▶ _EXERCISE BRIEF_
Tally the lines of the entries in which the string "DeviceCall" occurs, and say only how many.

▶ _DATA PROVIDED_
┌──

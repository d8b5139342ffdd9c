-- ===== src/Nib/Controllers.antt =====
-- pdsno/datastore/sqlite_store.py: the identities of controllers.
pub mod Upserts
mod Tests
use partially_distributed_sm.Common.{
  Bool, List, Option, String, [], coalesce, false, filter, find_row, if◌then◌else◌, nat_eq, none,
  row_count, some, string_eq, update_rows, ℕ, ◌&&◌, ◌++◌, ◌+◌, ◌==◌, ◌∷◌,
}
use partially_distributed_sm.Nib.Models.{Controller, NibResult, conflicting, succeeded}
use partially_distributed_sm.Nib.Store.{NibStore}

-- `WHERE controller_id = ?`
abbrev pub has_controller_id : String → Controller → Bool
has_controller_id id c = c.controller_id == id

-- `WHERE controller_id = ? AND version = ?`
abbrev pub has_controller_version : String → ℕ → Controller → Bool
has_controller_version id version c = c.controller_id == id && c.version == version

-- `WHERE region = ? AND status = 'active'`
abbrev pub is_active_in : String → Controller → Bool
is_active_in region c =
    elim c.region [ none ↦ false | some r ↦ r == region ] && c.status == "active"

-- The `SET` clause of `upsert_controller`.
unfoldable pub renew : Controller → Controller → Controller
renew c row = record c { controller_id = row.controller_id; version = row.version + 1 }

module _ {Blob : Type 0} where
  unfoldable pub get_controller : String → NibStore Blob → Option Controller
  get_controller id s = find_row (has_controller_id id) s.controllers

  unfoldable pub get_controllers_by_region : String → NibStore Blob → List Controller
  get_controllers_by_region region s = filter (is_active_in region) s.controllers

  -- The version of a new row is the record's.
  unfoldable pub upsert_controller : Controller → ℕ → NibStore Blob → NibStore Blob × NibResult
  upsert_controller c now s = elim (get_controller c.controller_id s) [
    | none ↦ (
      record s {
        controllers =
            s.controllers ++ record c { validated_at = coalesce c.validated_at (some now) } ∷ [];
      },
      succeeded (some c.controller_id),
    )
    | some existing ↦
        if row_count (has_controller_version c.controller_id c.version) s.controllers == 0
        then (s, conflicting)
        else (
          record s {
            controllers =
                update_rows (has_controller_version c.controller_id c.version) (renew c)
                  s.controllers;
          },
          succeeded (some c.controller_id),
        )
  ]
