-- ===== src/Nib/Devices.antt =====
-- pdsno/datastore/sqlite_store.py: the device operations. The MAC address identifies a device, and
-- a version guards its updates.
pub mod Unique
pub mod Upserts
mod Tests
use partially_distributed_sm.Common.{
  Bool, List, Option, String, [], coalesce, false, filter, find_row, if◌then◌else◌, lookup, nat_eq,
  non_empty, none, row_count, some, string_eq, update_rows, ℕ, ◌&&◌, ◌++◌, ◌+◌, ◌==◌, ◌∷◌,
}
use partially_distributed_sm.Nib.Models.{
  Device, DeviceStatus, NibResult, Reply, conflicting, integrity_error, missing, missing_fields,
  refused, result, succeeded,
}
use partially_distributed_sm.Nib.Store.{NibStore}

-- `WHERE device_id = ?`
abbrev pub has_device_id : String → Device → Bool
has_device_id id d = d.device_id == id

-- `WHERE mac_address = ?`
abbrev pub has_mac : String → Device → Bool
has_mac mac d = d.mac_address == mac

-- `WHERE region = ?`
abbrev pub is_in : String → Device → Bool
is_in region d = elim d.region [ none ↦ false | some r ↦ r == region ]

-- `WHERE mac_address = ? AND version = ?`
abbrev pub has_mac_version : String → ℕ → Device → Bool
has_mac_version mac version d = d.mac_address == mac && d.version == version

-- `WHERE device_id = ? AND version = ?`
abbrev pub has_id_version : String → ℕ → Device → Bool
has_id_version id version d = d.device_id == id && d.version == version

-- `a or b`, for an optional text
abbrev pub or_else_text : Option String → Option String → Option String
or_else_text none b = b
or_else_text (some s) b = if non_empty s then some s else b

unfoldable pub required_of_device : Device → List String
required_of_device d =
    missing (("mac_address", non_empty d.mac_address) ∷ ("ip_address", non_empty d.ip_address) ∷ [])

-- The discovery method: the device's own, or else the one in its metadata.
unfoldable pub discovery_method_of : Device → Option String
discovery_method_of d = or_else_text d.discovery_method (lookup "discovery_method" d.metadata)

-- The `SET` clause of `upsert_device`, for the row of a device with the same MAC address.
unfoldable pub refresh : Device → ℕ → Device → Device
refresh d now row = record row {
  ip_address = d.ip_address;
  hostname = d.hostname;
  vendor = d.vendor;
  device_type = d.device_type;
  firmware_version = d.firmware_version;
  status = d.status;
  last_seen = coalesce d.last_seen (some now);
  last_updated = some now;
  local_controller = d.local_controller;
  region = d.region;
  discovery_method = discovery_method_of d;
  metadata = d.metadata;
  version = row.version + 1;
}

-- The id and the times that a new device is given: `fresh_id` is made by `uuid`.
unfoldable pub complete : Device → String → ℕ → ℕ → Device
complete d fresh_id first last = record d {
  device_id = if non_empty d.device_id then d.device_id else fresh_id;
  first_seen = coalesce d.first_seen (some first);
  last_seen = coalesce d.last_seen (some last);
}

-- The row of the `INSERT`.
unfoldable pub new_row : Device → ℕ → Device
new_row d now = record d {
  discovery_method = discovery_method_of d;
  last_updated = some now;
  version = 0;
}

-- The `SET` clause of `update_device_status`.
abbrev pub set_device_status : DeviceStatus → ℕ → Device → Device
set_device_status status now row = record row {
  status = status;
  last_updated = some now;
  version = row.version + 1;
}

module _ {Blob : Type 0} where
  unfoldable pub get_device : String → NibStore Blob → Option Device
  get_device id s = find_row (has_device_id id) s.devices

  unfoldable pub get_device_by_mac : String → NibStore Blob → Option Device
  get_device_by_mac mac s = find_row (has_mac mac) s.devices

  unfoldable pub get_all_devices : Option String → NibStore Blob → List Device
  get_all_devices none s = s.devices
  get_all_devices (some region) s =
      if non_empty region then filter (is_in region) s.devices else s.devices

  abbrev pub update_existing : Device → Device → ℕ → NibStore Blob → NibStore Blob × Reply
  update_existing d existing now s =
      if row_count (has_mac_version d.mac_address d.version) s.devices == 0
      then (s, result conflicting)
      else (
        record s {
          devices = update_rows (has_mac_version d.mac_address d.version) (refresh d now) s.devices;
        },
        result (succeeded (some existing.device_id)),
      )

  -- The primary key refuses a second row with the id.
  abbrev pub insert_device : Device → ℕ → NibStore Blob → NibStore Blob × Reply
  insert_device d now s = elim (find_row (has_device_id d.device_id) s.devices) [
    | some _ ↦ (s, integrity_error)
    | none ↦ (
      record s { devices = s.devices ++ new_row d now ∷ [] },
      result (succeeded (some d.device_id)),
    )
  ]

  abbrev pub upsert_complete :
      List String → Device → String → (ℕ → ℕ) → NibStore Blob → NibStore Blob × Reply
  upsert_complete (f ∷ fs) d fresh_id now s = (s, result (refused (missing_fields (f ∷ fs))))
  upsert_complete [] d fresh_id now s = elim (get_device_by_mac d.mac_address s) [
    | some existing ↦ update_existing d existing (now 0) s
    | none ↦ insert_device (complete d fresh_id (now 1) (now 2)) (now 0) s
  ]

  -- The caller's object is not returned: a new device's id and times are those of `complete`.
  unfoldable pub upsert_device : Device → String → (ℕ → ℕ) → NibStore Blob → NibStore Blob × Reply
  upsert_device d fresh_id now s = upsert_complete (required_of_device d) d fresh_id now s

  unfoldable pub update_device_status :
      String → DeviceStatus → ℕ → ℕ → NibStore Blob → NibStore Blob × NibResult
  update_device_status id status version now s =
      if row_count (has_id_version id version) s.devices == 0 then (s, conflicting) else (
        record s {
          devices =
              update_rows (has_id_version id version) (set_device_status status now) s.devices;
        },
        succeeded none,
      )

-- The calls that change the devices.
pub data DeviceCall : Type 0 where
  upsert : Device → String → (ℕ → ℕ) → DeviceCall
  set_status_of : String → DeviceStatus → ℕ → ℕ → DeviceCall

module _ {Blob : Type 0} where
  unfoldable pub device_call : DeviceCall → NibStore Blob → NibStore Blob
  device_call (upsert d fresh_id now) s = (upsert_device d fresh_id now s).0
  device_call (set_status_of id status version now) s =
      (update_device_status id status version now s).0

  unfoldable pub device_calls : List DeviceCall → NibStore Blob → NibStore Blob
  device_calls [] s = s
  device_calls (c ∷ cs) s = device_calls cs (device_call c s)
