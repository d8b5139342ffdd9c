-- ===== src/Controllers/Regional.antt =====
-- pdsno/controllers/regional_controller.py: the state of a regional controller, its locks on the
-- devices of proposals, the validation of local controllers and the reports of discoveries. The
-- proposals are in the child. Log lines, the REST and MQTT clients, the policies and the key exchange
-- are left out. `now k n` is the n-th reading of the clock in the k-th step of a method.
pub mod Results
pub mod Proposals
pub mod Joins
pub mod Validates
pub mod Keeps
pub mod Approves
pub mod Freed
pub mod Releases
pub mod Tests
use partially_distributed_sm.Common.{
  Bool, Dict, List, Option, String, [], erase, false, if◌then◌else◌, insert, keys, length, lookup,
  nat_eq, non_empty, none, not, some, string_eq, true, ℕ, ◌&&◌, ◌++◌, ◌+◌, ◌==◌, ◌||◌, ◌∷◌,
}
use partially_distributed_sm.Platform.{Platform}
use partially_distributed_sm.Controllers.Messages.{
  DiscoveryReport, Envelope, ReportedDevice, ValidationRequest, is_set, text_or,
}
use partially_distributed_sm.Controllers.Registration.{
  certificate_of, controller_record, identity_of, is_same, validated_event,
}
use partially_distributed_sm.Controllers.Holding.{nib_of, with_nib}
use partially_distributed_sm.Nib.Models.{
  Certificate, ControllerMetadata, Device, Lock, NibError, NibResult, Reply, config_lock,
  integrity_error, lock_type_eq, result,
}
use partially_distributed_sm.Nib.Store.{NibStore}
use partially_distributed_sm.Nib.Locks.{acquire_lock, check_lock, release_lock}
use partially_distributed_sm.Nib.Events.{write_event}
use partially_distributed_sm.Nib.Controllers.{upsert_controller}
use partially_distributed_sm.Nib.Devices.{get_device_by_mac}
use partially_distributed_sm.Config.Approval.Request.{ApprovalRequest, ApprovalState}
use partially_distributed_sm.Config.Approval.Engine.{
  ConfigData, Engine, cleanup_expired_requests, get_request,
}
use partially_distributed_sm.Config.Token.{ExecutionTokenManager}
use partially_distributed_sm.Config.Sensitivity.Classifier.{Classifier}

-- An entry of `proposal_locks`
pub record ProposalLock : Type 0 where
  pub lock_id : Option String
  pub device_id : String

-- `controller_sequence` is the counter of its one key, `"local"`.
pub record RegionalController : Type 0 where
  pub controller_id : String
  pub region : String
  pub has_http_client : Bool
  pub nib : NibStore ConfigData
  pub engine : Engine
  pub classifier : Classifier
  pub tokens : ExecutionTokenManager
  pub controller_sequence : ℕ
  pub proposal_locks : Dict String ProposalLock

-- Why a lock is not given: another controller holds it, or the store refuses, with its error.
pub data LockRefusal : Type 0 where
  held_by_other : String → LockRefusal
  store_refused : Option NibError → LockRefusal

-- What `_acquire_proposal_lock` ends in; a lock id that is taken raises.
pub data LockOutcome : Type 0 where
  locked : LockOutcome
  not_locked : LockRefusal → LockOutcome
  lock_raised : LockOutcome

-- `self.proposal_locks[proposal_id] = {...}`
abbrev pub note_lock : String → Option String → String → RegionalController → RegionalController
note_lock proposal_id lock_id device_id c = record c {
  proposal_locks =
      insert proposal_id (record { lock_id = lock_id; device_id = device_id }) c.proposal_locks;
}

abbrev pub on_acquired :
    NibStore ConfigData × Reply
    → String
    → String
    → RegionalController
    → RegionalController × LockOutcome
on_acquired (nib, integrity_error) device_id proposal_id c = (record c { nib = nib }, lock_raised)
on_acquired (nib, result r) device_id proposal_id c =
    if r.success
    then (note_lock proposal_id r.value device_id (record c { nib = nib }), locked)
    else (record c { nib = nib }, not_locked (store_refused r.error))

-- The call of `acquire_lock`, for 15 minutes; `lock_id` is made by `uuid`.
abbrev pub acquire_new :
    String → String → ℕ → String → RegionalController → RegionalController × LockOutcome
acquire_new device_id proposal_id now lock_id c =
    on_acquired
      (acquire_lock device_id config_lock c.controller_id 900 (some proposal_id) now lock_id c.nib)
      device_id proposal_id c

-- `existing.associated_request == proposal_id`
abbrev pub is_for : String → Option String → Bool
is_for proposal_id none = false
is_for proposal_id (some r) = r == proposal_id

abbrev pub on_existing :
    Option Lock
    → String
    → String
    → ℕ
    → String
    → RegionalController
    → RegionalController × LockOutcome
on_existing none device_id proposal_id now lock_id c =
    acquire_new device_id proposal_id now lock_id c
on_existing (some l) device_id proposal_id now lock_id c =
    if not (l.held_by == c.controller_id)
    then (c, not_locked (held_by_other l.held_by))
    else if is_for proposal_id l.associated_request
    then (note_lock proposal_id (some l.lock_id) device_id c, locked)
    else acquire_new device_id proposal_id now lock_id c

unfoldable pub acquire_proposal_lock :
    String → String → (ℕ → ℕ) → String → RegionalController → RegionalController × LockOutcome
acquire_proposal_lock device_id proposal_id now lock_id c =
    on_existing (check_lock device_id config_lock (now 0) c.nib) device_id proposal_id (now 1)
      lock_id c

-- `if lock_id: self.nib_store.release_lock(...)`
abbrev pub release_held : Option String → String → NibStore ConfigData → NibStore ConfigData
release_held none held_by nib = nib
release_held (some lock_id) held_by nib =
    if non_empty lock_id then (release_lock lock_id held_by nib).0 else nib

unfoldable pub release_proposal_lock : String → RegionalController → RegionalController
release_proposal_lock proposal_id c = elim (lookup proposal_id c.proposal_locks) [
  | none ↦ c
  | some l ↦ record c {
    nib = release_held l.lock_id c.controller_id c.nib;
    proposal_locks = erase proposal_id c.proposal_locks;
  }
]

-- `terminal_states`
abbrev pub is_terminal : ApprovalState → Bool
is_terminal ApprovalState.expired = true
is_terminal ApprovalState.rejected = true
is_terminal ApprovalState.executed = true
is_terminal ApprovalState.failed = true
is_terminal ApprovalState.rolled_back = true
is_terminal _ = false

-- A call of the engine, which works on the controller's store.
abbrev pub put_engine : Engine → RegionalController → RegionalController
put_engine e c = record c { engine = e; nib = nib_of c.nib e }

abbrev pub engine_of : RegionalController → Engine
engine_of c = with_nib c.nib c.engine

module _ (p : Platform) where
  -- `if not request or request.state in terminal_states: self._release_proposal_lock(...)`
  abbrev pub release_if_over :
      String → Engine × Option ApprovalRequest → RegionalController → RegionalController
  release_if_over proposal_id (e, none) c = release_proposal_lock proposal_id (put_engine e c)
  release_if_over proposal_id (e, some r) c =
      if is_terminal r.state
      then release_proposal_lock proposal_id (put_engine e c)
      else put_engine e c

  unfoldable pub release_over : List String → RegionalController → RegionalController
  release_over [] c = c
  release_over (id ∷ ids) c =
      release_over ids (release_if_over id (get_request p id (engine_of c)) c)

  unfoldable pub release_expired_proposal_locks : (ℕ → ℕ) → RegionalController → RegionalController
  release_expired_proposal_locks now c =
      let c' = put_engine (cleanup_expired_requests p now (engine_of c)).0 c in
      release_over (keys c'.proposal_locks) c'

-- The answers to a validation request; `not_written` is `NIB_WRITE_FAILED` and `not_registered` is
-- `REGISTRATION_FAILED`.
pub data Validation : Type 0 where
  invalid_controller_type missing_required region_mismatch : Validation
  not_written not_registered : Validation
  identity_given : String → Certificate → String → Validation

module _ (p : Platform) (event_key : List ℕ) where
  abbrev pub grant_local :
      NibStore ConfigData × Reply
      → String
      → String
      → String
      → ℕ
      → RegionalController
      → RegionalController × Validation
  grant_local (nib, integrity_error) id region key now c = (record c { nib = nib }, not_registered)
  grant_local (nib, result r) id region key now c = (
    record c { nib = nib },
    identity_given id (certificate_of p id "local" region key c.controller_id now) region,
  )

  abbrev pub register_local :
      NibStore ConfigData × NibResult
      → String
      → String
      → String
      → String
      → ℕ
      → RegionalController
      → RegionalController × Validation
  register_local (nib, r) event_id id region key now c =
      if not r.success
      then (record c { nib = nib }, not_written)
      else grant_local
          (write_event p event_key
            (validated_event p event_id "Assigned local controller identity" c.controller_id id
              "local" region now)
            "" nib)
          id region key now c

  -- The identity for the next number.
  abbrev pub assign_local :
      String
      → String
      → Option ControllerMetadata
      → String
      → ℕ
      → RegionalController
      → RegionalController × Validation
  assign_local region key metadata event_id now c =
      let n = c.controller_sequence + 1 in
      let id = identity_of p "local" region n in
      register_local
        (upsert_controller (controller_record p id "local" region key c.controller_id metadata now)
          now c.nib)
        event_id id region key now (record c { controller_sequence = n })

  -- The checks, on the fields of a request.
  abbrev pub validate_local :
      Option String
      → Option String
      → Option String
      → Option String
      → Option ControllerMetadata
      → String
      → ℕ
      → RegionalController
      → RegionalController × Validation
  validate_local role temp_id key region metadata event_id now c =
      if not (is_same role "local")
      then (c, invalid_controller_type)
      else if not (is_set temp_id) || not (is_set key)
      then (c, missing_required)
      else if not (is_same region c.region)
      then (c, region_mismatch)
      else assign_local c.region (text_or key "") metadata event_id now c

  unfoldable pub validate_local_controller :
      Envelope ValidationRequest → String → ℕ → RegionalController → RegionalController × Validation
  validate_local_controller env event_id now c =
      let r = env.payload in
      validate_local r.controller_type r.temp_id r.public_key r.region r.metadata event_id now c

-- `_check_mac_collisions`: the addresses that a device of another local controller has.
abbrev pub note_collision :
    String → Option Device → String → Dict String (Option String) → Dict String (Option String)
note_collision mac none lc_id found = found
note_collision mac (some d) lc_id found =
    if is_same d.local_controller lc_id then found else insert mac d.local_controller found

abbrev pub check_mac :
    Option String
    → String
    → NibStore ConfigData
    → Dict String (Option String)
    → Dict String (Option String)
check_mac none lc_id nib found = found
check_mac (some mac) lc_id nib found =
    if non_empty mac then note_collision mac (get_device_by_mac mac nib) lc_id found else found

unfoldable pub check_mac_collisions :
    List ReportedDevice
    → String
    → NibStore ConfigData
    → Dict String (Option String)
    → Dict String (Option String)
check_mac_collisions [] lc_id nib found = found
check_mac_collisions (d ∷ ds) lc_id nib found =
    check_mac_collisions ds lc_id nib (check_mac d.mac lc_id nib found)

-- The acknowledgement: the number of devices, and the collisions.
abbrev pub acknowledge :
    Option String
    → Option String
    → List ReportedDevice
    → RegionalController
    → Option (ℕ × Dict String (Option String))
acknowledge (some lc_id) (some subnet) devices c =
    if non_empty lc_id && non_empty subnet
    then some (length devices, check_mac_collisions devices lc_id c.nib [])
    else none
acknowledge _ _ devices c = none

unfoldable pub handle_discovery_report :
    DiscoveryReport → RegionalController → Option (ℕ × Dict String (Option String))
handle_discovery_report r c = acknowledge r.lc_id r.subnet (r.new_devices ++ r.updated_devices) c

└──

▶ _EXERCISE RESPONSE_
5